Les choses ne vont pas mieux à Osaka, une destination populaire pour sa culture culinaire et son imposant château.

L’évaporation de la demande touristique a frappé lorsque l’offre hôtelière de la ville était déjà excédentaire avec des chambres disponibles grimpant à 90 000 cette année, en hausse de 80% par rapport à il y a cinq ans.

L’hôtel Nikko Osaka, parmi les plus grands hôtels de luxe de la ville, a vu moins de 20% de ses chambres remplies en moyenne en juillet, contre plus de 90% avant le COVID-19.

“Je n’ai jamais rien vu d’aussi mauvais et je ne vois pas comment tous ces hôtels de la région peuvent survivre”, a déclaré à Reuters Hiroaki Gofuku, président de l’hôtel Nikko Osaka, ajoutant que son hôtel saignait des pertes depuis que le virus a frappé.

“Il y aura plus de faillites et de pertes d’emplois. Les choses ne s’amélioreront pas avant deux ou trois ans.”

Osaka a déjà vu 147 entreprises faire faillite en juin, dépassant Tokyo en tant que zone la plus durement touchée au Japon, et 120 en juillet, a déclaré le groupe de réflexion Tokyo Shoko Research.

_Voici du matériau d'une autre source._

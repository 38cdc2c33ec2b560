-- ===== src/Client/State.antt =====
-- common/connectionmanager.h and common/connectionmanager.cpp: the state of a client, the worker that
-- sends for it, and the envelopes it makes.
use wisp.Prelude.{
  ℕ, ◌+◌, ◌-◌, ◌%◌, ◌^◌, Bool, true, false, none, some, List, [], ◌∷◌, ◌++◌, ◌==◌, ltb, Bytes,
  bytes_eq, codes, if◌then◌else◌, length, take,
}
use wisp.Prelude.Map.{Map, lookup}
use wisp.Keys
use wisp.Keys.{Origin, widen, is_control_message, encode_subscribe_scope}
use wisp.Wire.{Envelope, make_control}

-- A registration. Instances and functions are known by number; no instance is 0, the null pointer.
pub record CallbackEntry : Type 0 where
  pub instance_key : ℕ
  pub func : ℕ
  pub scope : Origin

-- What the worker accepted on its control lane and on its data lane stands with the newest first.
-- `broker_id` is what the worker answers; `current_reply_topic` is the processing thread's.
pub record Client : Type 0 where
  pub client_id : Bytes
  pub handlers : Map (List CallbackEntry)
  pub scoped_handlers : ℕ
  pub is_running : Bool
  pub is_connected : Bool
  pub broker_id : Bytes
  pub current_reply_topic : Bytes
  pub control : List Envelope
  pub published : List Envelope

-- Whether the worker's queues take another message, after all that they have taken.
pub record Worker : Type 0 where
  pub takes_control : List Envelope → Bool
  pub takes_data : List Envelope → Bool

-- `size_t` counters.
abbrev pub increment : ℕ → ℕ
increment n = (n + 1) % 2 ^ 64

abbrev pub decrement : ℕ → ℕ
decrement n = (n + (2 ^ 64 - 1)) % 2 ^ 64

-- The id that the constructor connects as: a routing id of 1 to 255 bytes.
unfoldable pub corrected_id : Bytes → Bytes → Bytes
corrected_id configured fresh_uuid =
    if configured == []
    then codes "wisp-" ++ take 8 fresh_uuid
    else if ltb 255 (length configured)
    then take 255 configured
    else configured

-- The constructor.
abbrev pub start : Bytes → Bytes → Client
start configured fresh_uuid = record {
  client_id = corrected_id configured fresh_uuid;
  handlers = [];
  scoped_handlers = 0;
  is_running = true;
  is_connected = false;
  broker_id = [];
  current_reply_topic = [];
  control = [];
  published = [];
}

-- `noteBrokerId` of the client's worker: a sender that names itself.
unfoldable pub learn_broker_id : Client → Bytes → Client
learn_broker_id c broker_id = if broker_id == [] then c else record c { broker_id = broker_id }

-- `unionScope`
unfoldable pub union_scope : List CallbackEntry → Origin
union_scope [] = Origin.nowhere
union_scope (entry ∷ callbacks) = widen entry.scope (union_scope callbacks)

abbrev pub create_control_envelope : Client → Bytes → Bytes → Envelope
create_control_envelope c control_key topic = make_control control_key c.client_id topic

unfoldable pub create_subscribe_envelope : Client → Bytes → Envelope
create_subscribe_envelope c key = elim (lookup key c.handlers) [
  | none ↦ make_control Keys.subscribe c.client_id key
  | some callbacks ↦ record (make_control Keys.subscribe c.client_id key) {
    payload = encode_subscribe_scope (union_scope callbacks);
  }
]

-- Control keys go by the control lane, all else by the data lane.
unfoldable pub send_raw_envelope : Worker → Client → Envelope → Client × Bool
send_raw_envelope w c envelope =
    if is_control_message envelope.header.handler_key
    then (if w.takes_control c.control
        then (record c { control = envelope ∷ c.control }, true)
        else (c, false))
    else if w.takes_data c.published
    then (record c { published = envelope ∷ c.published }, true)
    else (c, false)
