-- ===== src/Client/Registration.antt =====
-- common/connectionmanager.cpp: `performRegistration`, `performUnregistration`, `resubscribeAll` and
-- the status handler, each under the lock of the handlers.
use wisp.Prelude.{
  ℕ, Bool, not, ◌&&◌, none, some, List, [], ◌∷◌, ◌++◌, ◌==◌, nat_eq, Bytes, bytes_eq, if◌then◌else◌,
}
use wisp.Prelude.Map.{lookup, insert_ordered, erase, keys}
use wisp.Keys
use wisp.Keys.{Origin, origin_eq}
use wisp.Client.State.{
  CallbackEntry, Client, Worker, increment, decrement, union_scope, create_control_envelope,
  create_subscribe_envelope, send_raw_envelope,
}

-- `slot ? *slot : CallbackList()`
abbrev pub callbacks_at : Client → Bytes → List CallbackEntry
callbacks_at c key = elim (lookup key c.handlers) [ none ↦ [] | some callbacks ↦ callbacks ]

-- The registration, before it is announced.
unfoldable pub with_callback : Client → Bytes → CallbackEntry → Client
with_callback c key entry = record c {
  handlers = insert_ordered key (callbacks_at c key ++ entry ∷ []) c.handlers;
  scoped_handlers =
      if entry.scope == Origin.any then c.scoped_handlers else increment c.scoped_handlers;
}

-- `sendRawEnvelope(createSubscribeEnvelope(key))`
unfoldable pub announce : Worker → Client → Bytes → Client
unfolding create_subscribe_envelope send_raw_envelope
announce w c key = (send_raw_envelope w c (create_subscribe_envelope c key)).0

unfoldable pub perform_registration : Worker → Client → Bytes → CallbackEntry → Client
unfolding with_callback announce
perform_registration w c key entry =
    let registered = with_callback c key entry in
    if c.is_connected then announce w registered key else registered

-- The loop over the old list: the entries of other instances, and the counter of scoped ones.
unfoldable pub without_instance : ℕ → List CallbackEntry → List CallbackEntry
without_instance instance_key [] = []
without_instance instance_key (entry ∷ callbacks) =
    let rest = without_instance instance_key callbacks in
    if entry.instance_key == instance_key then rest else entry ∷ rest

unfoldable pub uncount_scoped : ℕ → List CallbackEntry → ℕ → ℕ
uncount_scoped instance_key [] n = n
uncount_scoped instance_key (entry ∷ callbacks) n = uncount_scoped instance_key callbacks (
    if entry.instance_key == instance_key && not (entry.scope == Origin.any)
    then decrement n
    else n)

-- Nobody is left: the topic is forgotten, and withdrawn whether or not the client is online.
unfoldable pub withdraw : Worker → Client → Bytes → Client
unfolding send_raw_envelope
withdraw w c key =
    let forgotten = record c { handlers = erase key c.handlers } in
    (send_raw_envelope w forgotten (create_control_envelope forgotten Keys.unsubscribe key)).0

-- Somebody is left: the broker hears of it if the union of scopes has changed.
unfoldable pub narrow : Worker → Client → Bytes → Origin → List CallbackEntry → Client
unfolding announce union_scope
narrow w c key scope_before next =
    let narrowed = record c { handlers = insert_ordered key next c.handlers } in
    if c.is_connected && not (union_scope next == scope_before)
    then announce w narrowed key
    else narrowed

-- By what the loop has left.
unfoldable pub settle : Worker → Client → Bytes → Origin → List CallbackEntry → Client
unfolding withdraw narrow
settle w c key scope_before [] = withdraw w c key
settle w c key scope_before (entry ∷ next) = narrow w c key scope_before (entry ∷ next)

unfoldable pub perform_unregistration : Worker → Client → Bytes → ℕ → Client
unfolding without_instance uncount_scoped settle union_scope
perform_unregistration w c key instance_key = elim (lookup key c.handlers) [
  | none ↦ c
  | some callbacks ↦
      settle w
        (record c { scoped_handlers = uncount_scoped instance_key callbacks c.scoped_handlers }) key
        (union_scope callbacks) (without_instance instance_key callbacks)
]

-- `for (topic : m_msgHandlers) sendRawEnvelope(createSubscribeEnvelope(topic))`
unfoldable pub announce_each : Worker → List Bytes → Client → Client
unfolding announce
announce_each w [] c = c
announce_each w (topic ∷ topics) c = announce_each w topics (announce w c topic)

unfoldable pub resubscribe_all : Worker → Client → Client
unfolding announce_each keys
resubscribe_all w c = announce_each w (keys c.handlers) c

-- The worker's status callback.
unfoldable pub on_status : Worker → Client → Bool → Client
unfolding resubscribe_all send_raw_envelope
on_status w c online =
    let noted = record c { is_connected = online } in
    if online
    then resubscribe_all w
        (send_raw_envelope w noted (create_control_envelope noted Keys.connect [])).0
    else noted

Le porte-parole du gouvernement, Yoshihide Suga, a reconnu que l’industrie du tourisme japonaise avait été durement touchée, mais a déclaré qu’une campagne de 2 billions de yens lancée en juillet pour encourager les voyages intérieurs aidera à compenser une partie de la douleur.

“Les destinations touristiques locales sont dans un état extrêmement grave”, a déclaré Suga aux journalistes le mois dernier. «En aidant les industries du tourisme et de la vente au détail, nous espérons que la campagne sortira les entreprises de leur détresse».

Yoshihiko Nitta, chercheur à la branche Kansai de Tokyo Shoko Research, a déclaré que les filets de sécurité du gouvernement maintenaient de nombreuses entreprises en vie.

“Mais les choses peuvent changer à partir de septembre environ, lorsque les prêts immédiats qu’ils ont contractés commencent à expirer”, a-t-il déclaré. “S’il y a une énorme deuxième vague d’infections, davantage d’entreprises pourraient faire faillite, y compris certaines des grandes entreprises.”